Empfehlenswert ist diese Variante aber nicht.







Der Gipfel des westlichen Reifhorns ist ein imposantes Stück und wir erreichen ihn gegen 13:40 Uhr. Wir haben einen massiven Zeitverlust in der oberen Hälfte einstecken müssen, den wir während der Kletterei nicht bemerkt haben. Glücklicherweise ist das Wetter stabil, es scheint die Sonne und der Regen ist noch weit entfernt.
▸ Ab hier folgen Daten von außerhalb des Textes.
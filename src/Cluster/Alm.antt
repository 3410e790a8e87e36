-- ===== src/Cluster/Alm.antt =====
-- pkg/olm/almexamples.go: the entries of a CSV's alm-examples.
use nvidia_ci.Common.{
  List, [], ◌∷◌, none, some, if◌then◌else◌, is_nil, get_elem?, Result, ok, err, ◌>>=◌,
}
use nvidia_ci.Text.{Text, text_eq, is_empty}
use nvidia_ci.Text.Number.{ℤ, pos, negsuc}

-- The errors, with those of Unmarshal.
pub data AlmError : Type 0 where
  empty_example no_examples : AlmError
  bad_examples : Text → AlmError
  no_item : ℤ → AlmError
  bad_type : Text → AlmError
  no_kind : Text → AlmError

-- Raw is json.RawMessage; the second parameter decodes the text, the third an entry's kind.
module _ {Raw : Type 0} (unmarshal : Text → Result Text (List Raw)) where
  -- GetALMExampleItems
  unfoldable pub alm_example_items : Text → Result AlmError (List Raw)
  alm_example_items alm_example =
      if is_empty alm_example
      then err empty_example
      else elim (unmarshal alm_example) [ err e ↦ err (bad_examples e) | ok examples ↦ ok examples ]

  abbrev pub item_at : ℤ → List Raw → Result AlmError Raw
  item_at (negsuc n) examples = err (no_item (negsuc n))
  item_at (pos n) examples = elim (get_elem? examples n) [
    | none ↦ err (no_item (pos n))
    | some item ↦ ok item
  ]

  -- GetALMExampleItem
  unfoldable pub alm_example_item : ℤ → Text → Result AlmError Raw
  unfolding alm_example_items
  alm_example_item index alm_example = do
    examples ← alm_example_items alm_example
    item_at index examples

  module _ (kind_of : Raw → Result Text Text) where
    -- The loop over the entries.
    unfoldable pub first_of_kind : Text → List Raw → Result AlmError Raw
    first_of_kind kind [] = err (no_kind kind)
    first_of_kind kind (item ∷ items) =
        let rest = first_of_kind kind items in
        elim (kind_of item) [
          | err e ↦ err (bad_type e)
          | ok k ↦ if text_eq k kind then ok item else rest
        ]

    -- GetALMExampleByKind
    unfoldable pub alm_example_by_kind : Text → Text → Result AlmError Raw
    unfolding alm_example_items first_of_kind
    alm_example_by_kind alm_example kind = do
      items ← alm_example_items alm_example
      if is_nil items then err no_examples else first_of_kind kind items
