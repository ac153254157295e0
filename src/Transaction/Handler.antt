-- ===== src/Transaction/Handler.antt =====
-- internal/transaction/handler.go: the routes over the manager, with their statuses and codes.
pub mod Done
use rest_trans.Prelude.{
  ℕ, Bool, true, false, not, Option, none, some, List, [], ◌∷◌, Text, codes, if◌then◌else◌,
}
use rest_trans.Transaction.Types.{
  Value, Status, pending, committed, rolled_back, Transaction, Store, Target, Faults, Answer, ok,
  err,
}
use rest_trans.Transaction.Manager.{
  find_transaction, pending_transaction, start, list_pending, rollback,
}
use rest_trans.Transaction.Commit.{Outcome, commit}
use rest_trans.Transaction.Undo.{rollback_post_commit}

-- An answer: its HTTP status, and what its body says.
pub data Response : Type 0 where
  error : ℕ → Text → Response
  created : Text → Response
  found : Transaction → Response
  listed : List Transaction → Response
  done : Status → Response

-- What a route leaves.
pub record Served (S : Type 0) : Type 0 where
  pub response : Response
  pub store : Store
  pub rows : S

abbrev or_public : Text → Text
or_public [] = codes "public"
or_public (c ∷ t) = c ∷ t

abbrev started : Answer Transaction × Store → Response × Store
started (err e, s) = (error 500 (codes "PGRST300"), s)
started (ok t, s) = (created t.id, s)

-- `Handler.Start`; `id` is what `uuid.New` gives.
unfoldable pub serve_start : Faults → Text → Text → ℕ → Store → Response × Store
unfolding start
serve_start f id schema now s = started (start f id (or_public schema) now s)

abbrev listed_by : Answer (List Transaction) → Response
listed_by (err e) = error 500 (codes "PGRST301")
listed_by (ok ts) = listed ts

-- `Handler.List`.
unfoldable pub serve_list : Faults → Text → Store → Response
unfolding list_pending
serve_list f schema s = listed_by (list_pending f (or_public schema) s)

abbrev got : Option Transaction → Response
got none = error 404 (codes "PGRST303")
got (some t) = found t

-- `Handler.Get`.
unfoldable pub serve_get : Faults → Text → Store → Response
unfolding find_transaction
serve_get f id s =
    if f.get then error 500 (codes "PGRST302") else got (find_transaction id s.transactions)

abbrev pub served : Text → Status → Answer (Unit {0}) → Response
served code status (err e) = error 409 code
served code status (ok u) = done status

module _ {S : Type 0} where
  abbrev unchanged : ℕ → Text → Store → S → Served S
  unchanged status code s rows = record { response = error status code; store = s; rows = rows }

  abbrev pub committed_by : Outcome S → Served S
  committed_by o = record {
    response = served (codes "PGRST306") committed o.result;
    store = o.store;
    rows = o.rows;
  }

  -- `Handler.Commit`; `check` are the faults of its own call of `Get`.
  unfoldable pub serve_commit : Target S → Faults → Faults → Text → ℕ → Store → S → Served S
  unfolding find_transaction commit
  serve_commit db check f id now s rows =
      if check.get
      then unchanged 500 (codes "PGRST304") s rows
      else if not (pending_transaction (find_transaction id s.transactions))
      then unchanged 409 (codes "PGRST305") s rows
      else committed_by (commit db f id now s rows)

  abbrev pub rolled_by : S → Answer (Unit {0}) × Store → Served S
  rolled_by rows (a, s) = record {
    response = served (codes "PGRST309") rolled_back a;
    store = s;
    rows = rows;
  }

  abbrev pub undone_by : Outcome S → Served S
  undone_by o = record {
    response = served (codes "PGRST320") rolled_back o.result;
    store = o.store;
    rows = o.rows;
  }

  abbrev pub roll_back_by : Target S → Faults → Text → ℕ → Value → Store → S → Status → Served S
  roll_back_by db f id now stamp s rows pending = rolled_by rows (rollback f id now s)
  roll_back_by db f id now stamp s rows committed =
      undone_by (rollback_post_commit db f id now stamp s rows)
  roll_back_by db f id now stamp s rows rolled_back = unchanged 409 (codes "PGRST308") s rows

  abbrev pub roll_back_at :
      Target S → Faults → Text → ℕ → Value → Store → S → Option Transaction → Served S
  roll_back_at db f id now stamp s rows none = unchanged 404 (codes "PGRST303") s rows
  roll_back_at db f id now stamp s rows (some t) = roll_back_by db f id now stamp s rows t.status

  -- `Handler.Rollback`.
  unfoldable pub serve_rollback :
      Target S → Faults → Faults → Text → ℕ → Value → Store → S → Served S
  unfolding find_transaction rollback rollback_post_commit
  serve_rollback db check f id now stamp s rows =
      if check.get
      then unchanged 500 (codes "PGRST307") s rows
      else roll_back_at db f id now stamp s rows (find_transaction id s.transactions)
Nach einer schnellen Jause machen wir uns an den Abstieg. Im Topo steht „gesamt 1 Stunde“. Nun, ich kann festhalten, das ist eine falsche Angabe. Alleine der Abstieg zum Wehrgrubenjoch ist noch immer anstrengend, stellenweise mit Abkletterstellen und man sollte sehr vorsichtig gehen. Dafür benötigen wir 1 Stunde und zur Hütte ist es noch einmal 1 Stunde normales Gehtempo. Auch hier gibt es Abkletterstellen mit Trittstiften oder Bügeln und viele seilversicherte Abschnitte.
FAZIT
Die Tour beginnt gut. Die Seillängen 9-11 sind eigentlich nur kurze Aufschwünge und dann geht man in Bruch und Schotter. Auch einige fußballgroße Steine liegen herum. Hier ist extreme Vorsicht bei vorhergehenden und nachkommenden Seilschaften empfohlen.
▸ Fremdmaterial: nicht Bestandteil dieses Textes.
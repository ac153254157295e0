-- ===== src/Service/Endpoints.antt =====
-- internal/api/router.go: how a request on the routes of transactions and functions passes the same
-- limiter, guard and staging middleware to its handler.
pub mod Intercepted
mod Tests
use rest_trans.Prelude.{ℕ, Bool, true, false, Option, List, [], ◌∷◌, Text, codes}
use rest_trans.Transaction.Types.{Value, Store, Faults}
use rest_trans.Transaction.Handler.{
  Response, Served, serve_start, serve_list, serve_get, serve_commit, serve_rollback,
}
use rest_trans.Transaction.Staging.{post, other, middleware}
use rest_trans.Transaction.Staging.Conditions.{Query}
use rest_trans.Transaction.Staging
use rest_trans.Response.{Reply}
use rest_trans.RateLimit.Manager.{LimiterManager}
use rest_trans.RateLimit.Manager
use rest_trans.Router.{Verdict, pass, abort, method_guard}
use rest_trans.Api.Types.{Request}
use rest_trans.Rpc.{Caller, handle_rpc}
use rest_trans.Service.{State, Parts}

-- The routes; the last one is of a function, whose name stands in the request.
pub data Endpoint : Type 0 where
  start list : Endpoint
  get commit rollback : Text → Endpoint
  call : Request → Endpoint

abbrev pub is_post : Endpoint → Bool
is_post list = false
is_post (get id) = false
is_post e = true

abbrev method_name : Bool → Text
method_name true = codes "POST"
method_name false = codes "GET"

abbrev pub staged_method : Bool → Staging.Method
staged_method true = post
staged_method false = other

-- Only the route of a function is registered where there is no manager.
abbrev pub is_call : Endpoint → Bool
is_call (call r) = true
is_call e = false

-- A request, with the header, the body and the query as the middleware reads them.
pub record Arrival : Type 0 where
  pub ip : Text
  pub schema : Text
  pub endpoint : Endpoint
  pub header : Text
  pub body : Staging.Body
  pub query : Option Query

-- What a handler takes from outside: the faults of its calls, a new identifier, the time and its
-- print.
pub record Outside : Type 0 where
  pub check : Faults
  pub faults : Faults
  pub new_id : Text
  pub now : ℕ
  pub stamp : Value

pub data Answered : Type 0 where
  refused : Reply → Answered
  staged : Staging.Reply → Answered
  answered : Response → Answered
  called : Reply → Answered
  unregistered : Answered

-- None of these routes has a parameter `table`.
abbrev pub staging_of : Arrival → Staging.Request
staging_of a = record {
  header = a.header;
  method = staged_method (is_post a.endpoint);
  schema = a.schema;
  table = [];
  body = a.body;
  query = a.query;
}

module _ {L S : Type 0} (p : Parts L S) (caller : Caller S) where
  abbrev pub kept : State L S → Response × Store → Answered × State L S
  kept s (response, store) = (answered response, record s { transactions = store })

  abbrev pub of_served : State L S → Served S → Answered × State L S
  of_served s x = (answered x.response, record s { transactions = x.store; rows = x.rows })

  abbrev pub of_call : State L S → Reply × S → Answered × State L S
  of_call s (reply, rows) = (called reply, record s { rows = rows })

  -- The handlers of the routes.
  unfoldable pub answer : Outside → Text → Endpoint → State L S → Answered × State L S
  unfolding serve_start serve_list serve_get serve_commit serve_rollback handle_rpc
  answer o schema start s = kept s (serve_start o.faults o.new_id schema o.now s.transactions)
  answer o schema list s = (answered (serve_list o.faults schema s.transactions), s)
  answer o schema (get id) s = (answered (serve_get o.faults id s.transactions), s)
  answer o schema (commit id) s =
      of_served s (serve_commit p.target o.check o.faults id o.now s.transactions s.rows)
  answer o schema (rollback id) s =
      of_served s (serve_rollback p.target o.check o.faults id o.now o.stamp s.transactions s.rows)
  answer o schema (call r) s = of_call s (handle_rpc caller p.schemas r s.rows)

  -- What follows the staging middleware.
  abbrev pub passed_on :
      Outside → Arrival → State L S → Staging.Reply × Store → Answered × State L S
  passed_on o a s (Staging.next, store) =
      answer o a.schema a.endpoint (record s { transactions = store })
  passed_on o a s (Staging.failed status code, store) =
      (staged (Staging.failed status code), record s { transactions = store })
  passed_on o a s (Staging.accepted id, store) =
      (staged (Staging.accepted id), record s { transactions = store })

  abbrev pub without_manager : Outside → Arrival → State L S → Bool → Answered × State L S
  without_manager o a s true = answer o a.schema a.endpoint s
  without_manager o a s false = (unregistered, s)

  abbrev pub routed :
      Faults → (ℕ → Faults) → Outside → Arrival → State L S → Bool → Answered × State L S
  routed check fs o a s true =
      passed_on o a s (middleware p.target (fs 0) check fs (staging_of a) s.transactions s.rows)
  routed check fs o a s false = without_manager o a s (is_call a.endpoint)

  abbrev pub allowed :
      Faults → (ℕ → Faults) → Outside → Arrival → State L S → Verdict → Answered × State L S
  allowed check fs o a s (abort reply) = (refused reply, s)
  allowed check fs o a s pass = routed check fs o a s p.transactions_on

  abbrev pub counted :
      Faults
      → (ℕ → Faults)
      → Outside
      → Arrival
      → State L S
      → LimiterManager L × Verdict
      → Answered × State L S
  counted check fs o a s (limits, abort reply) = (refused reply, record s { limits = limits })
  counted check fs o a s (limits, pass) =
      allowed check fs o a (record s { limits = limits })
        (method_guard p.schemas p.config a.schema [] (method_name (is_post a.endpoint)))

  -- A request at a time; `check` and `fs` are the faults of the middleware's calls.
  unfoldable pub serve_endpoint :
      Faults → (ℕ → Faults) → Outside → Arrival → State L S → Answered × State L S
  unfolding answer method_guard middleware Manager.middleware
  serve_endpoint check fs o a s =
      counted check fs o a s (Manager.middleware p.bucket s.limits a.ip [] o.now)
Was „gut abgesichert“ heißt in den Loferer Steinbergen wissen wir jetzt auch. Die Schlüsselstellen bzw. Kletterstellen sind wirklich gut gesichert, aber der Weg über Bruch und Schotter ist gänzlich ohne Zwischenhaken, mobile Sicherungen können dort kaum gelegt werden.
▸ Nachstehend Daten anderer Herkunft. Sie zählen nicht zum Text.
-- ===== src/Transaction/Staging/Answers.antt =====
-- Which requests the middleware answers itself, and which it hands on with nothing changed.
use rest_trans.Prelude.{ℕ, ◌+◌, ◌≡◌, true, false, List, [], ◌∷◌, Text, codes, is_empty, if_cases}
use rest_trans.Transaction.Types.{Row, Store, Target, Faults, Answer, ok, err}
use rest_trans.Transaction.Manager.{stage}
use rest_trans.Transaction.Undo.{Snapshot}
use rest_trans.Transaction.Staging.{
  Method, post, put, patch, del, other, Request, Reply, next, failed, accepted, answer_of,
  stage_inserts, staged_insert, stage_update, stage_delete, update_first, update_snapshot,
  delete_snapshot, items_of, middleware, dispatch, dispatch_by, is_unreadable, is_malformed,
  is_write, or_public,
}

-- The middleware has answered the request itself.
abbrev pub IsAnswer : Reply → Type 0
IsAnswer next = ⊥
IsAnswer (failed status code) = Unit {0}
IsAnswer (accepted id) = Unit {0}

pub record IsAnswered (x : Reply × Store) : Type 0 where
  pub answer : IsAnswer x.0

answer_of-IsAnswer :
    (code id : Text) (a : Answer (Unit {0}) × Store) → IsAnswer (answer_of code id a).0
answer_of-IsAnswer code id (err e, s) = tt
answer_of-IsAnswer code id (ok u, s) = tt

stage_inserts-IsAnswer :
    (fs : ℕ → Faults) (n : ℕ) (id table : Text) (items : List Row) (s : Store)
    → IsAnswer (stage_inserts fs n id table items s).0
unfolding stage_inserts
stage_inserts-IsAnswer fs n id table [] s = tt
stage_inserts-IsAnswer fs n id table (item ∷ items) s =
    inserted (stage (fs n) id (staged_insert table item) s).0 _
      (stage_inserts-IsAnswer fs (n + 1) id table items _)
  where
    inserted :
        (a : Answer (Unit {0})) (s' : Store)
        → IsAnswer (stage_inserts fs (n + 1) id table items s').0
        → IsAnswer
            (elim a as (λ x. Reply × Store) [
              | err e ↦ (failed 500 (codes "PGRST314"), s')
              | ok u ↦ stage_inserts fs (n + 1) id table items s'
            ]).0
    inserted (err e) s' h = tt
    inserted (ok u) s' h = h

module _ {S : Type 0} (db : Target S) (f : Faults) where
  stage_update-IsAnswer :
      (r : Request) (table : Text) (item : Row) (s : Store) (a : Answer Snapshot)
      → IsAnswer (stage_update db f r table item s a).0
  stage_update-IsAnswer r table item s (err e) = tt
  stage_update-IsAnswer r table item s (ok snapshot) = answer_of-IsAnswer _ _ _

  stage_delete-IsAnswer :
      (r : Request) (table : Text) (s : Store) (a : Answer Snapshot)
      → IsAnswer (stage_delete db f r table s a).0
  stage_delete-IsAnswer r table s (err e) = tt
  stage_delete-IsAnswer r table s (ok snapshot) = answer_of-IsAnswer _ _ _

  update_first-IsAnswer :
      (schema table : Text) (r : Request) (items : List Row) (s : Store) (rows : S)
      → IsAnswer (update_first db f schema table r items s rows).0
  update_first-IsAnswer schema table r [] s rows = tt
  update_first-IsAnswer schema table r (item ∷ items) s rows =
      stage_update-IsAnswer r table item s (update_snapshot db f schema r rows)

  dispatch_by-IsAnswer :
      (m : Method) (fs : ℕ → Faults) (schema table : Text) (r : Request) (s : Store) (rows : S)
      → is_write m ≡ true
      → IsAnswer (dispatch_by db f m fs schema table r s rows).0
  dispatch_by-IsAnswer post fs schema table r s rows h =
      stage_inserts-IsAnswer fs 0 r.header table (items_of r.body) s
  dispatch_by-IsAnswer put fs schema table r s rows h =
      update_first-IsAnswer schema table r (items_of r.body) s rows
  dispatch_by-IsAnswer patch fs schema table r s rows h =
      update_first-IsAnswer schema table r (items_of r.body) s rows
  dispatch_by-IsAnswer del fs schema table r s rows h =
      stage_delete-IsAnswer r table s (delete_snapshot db f schema r rows)
  dispatch_by-IsAnswer other fs schema table r s rows h = cc

  pub middleware-IsAnswered :
      (check : Faults) (fs : ℕ → Faults) (r : Request) (s : Store) (rows : S)
      → is_empty r.header ≡ false
      → is_write r.method ≡ true
      → IsAnswered (middleware db f check fs r s rows)
  unfolding middleware dispatch
  middleware-IsAnswered check fs r s rows h w =
      let failed = λ (status : ℕ) (code : Text).
        let reply : IsAnswered (failed status code, s) = record { answer = tt } in reply in
      rw (h, w)
        (if_cases IsAnswered check.get _ _ (failed 500 (codes "PGRST310")) (
          if_cases IsAnswered _ _ _ (failed 409 (codes "PGRST311")) (
            if_cases IsAnswered (is_unreadable r.body) _ _ (failed 400 (codes "PGRST312")) (
              if_cases IsAnswered (is_malformed r.body) _ _ (failed 400 (codes "PGRST313"))
                (record {
                  answer = dispatch_by-IsAnswer r.method fs (or_public r.schema) _ r s rows w;
                })))))

  pub middleware_plain :
      (check : Faults) (fs : ℕ → Faults) (r : Request) (s : Store) (rows : S)
      → is_empty r.header ≡ true
      → (middleware db f check fs r s rows).1 ≡ s
  unfolding middleware
  middleware_plain check fs r s rows h = rw h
Ein bisserl ein Abenteuer war sie schon, vor allem für uns, da wir nur wenige Mehrseillängen in diesem Jahr gegangen sind. Fast 600 Klettermeter verteilt auf 13 Seillängen sind auch in den unteren Graden kein Lärcherl. Die Grade sind übrigens lächerlich niedrig angesetzt, ich denke man kann hier locker überall 1 Grad draufpacken im Vergleich zum Grazer Bergland, nur damit die Steirer einen Vergleichswert haben. 😉
Das spiegelt auch unser Gipfelbucheintrag wieder: „Hitzefrei – da legst a Ei!“
FAZIT HÜTTE
Die Schmidt-Zabierow-Hütte und das Team auf der Hütte sind ein rustikales Schmuckstück. Das Lager ist gut unterteilt mit Trennwänden, das Wasser für den Waschraum ist immer knapp und um die einzige Toilette gibt es morgens ein Griss, wenn man nicht sehr früh dran ist. Das Essen ist vorzüglich und hier kann man sich auch den Luxus eines Aperolspritzers in einem schönen Glas gönnen. Wir haben uns sehr wohl gefühlt und auch wenn uns die Hitzefrei stark gefordert hat, so kommen wir sicher wieder. Die Gegend und die Möglichkeiten sind genau so schön wie mannigfaltig. Ausgebucht ist die Hütte übrigens auch fast immer, wir sind bereits am Donnerstag angereist und bis Samstag geblieben, trotz wechselhafter Wettervorhersage war die Hütte ausgebucht.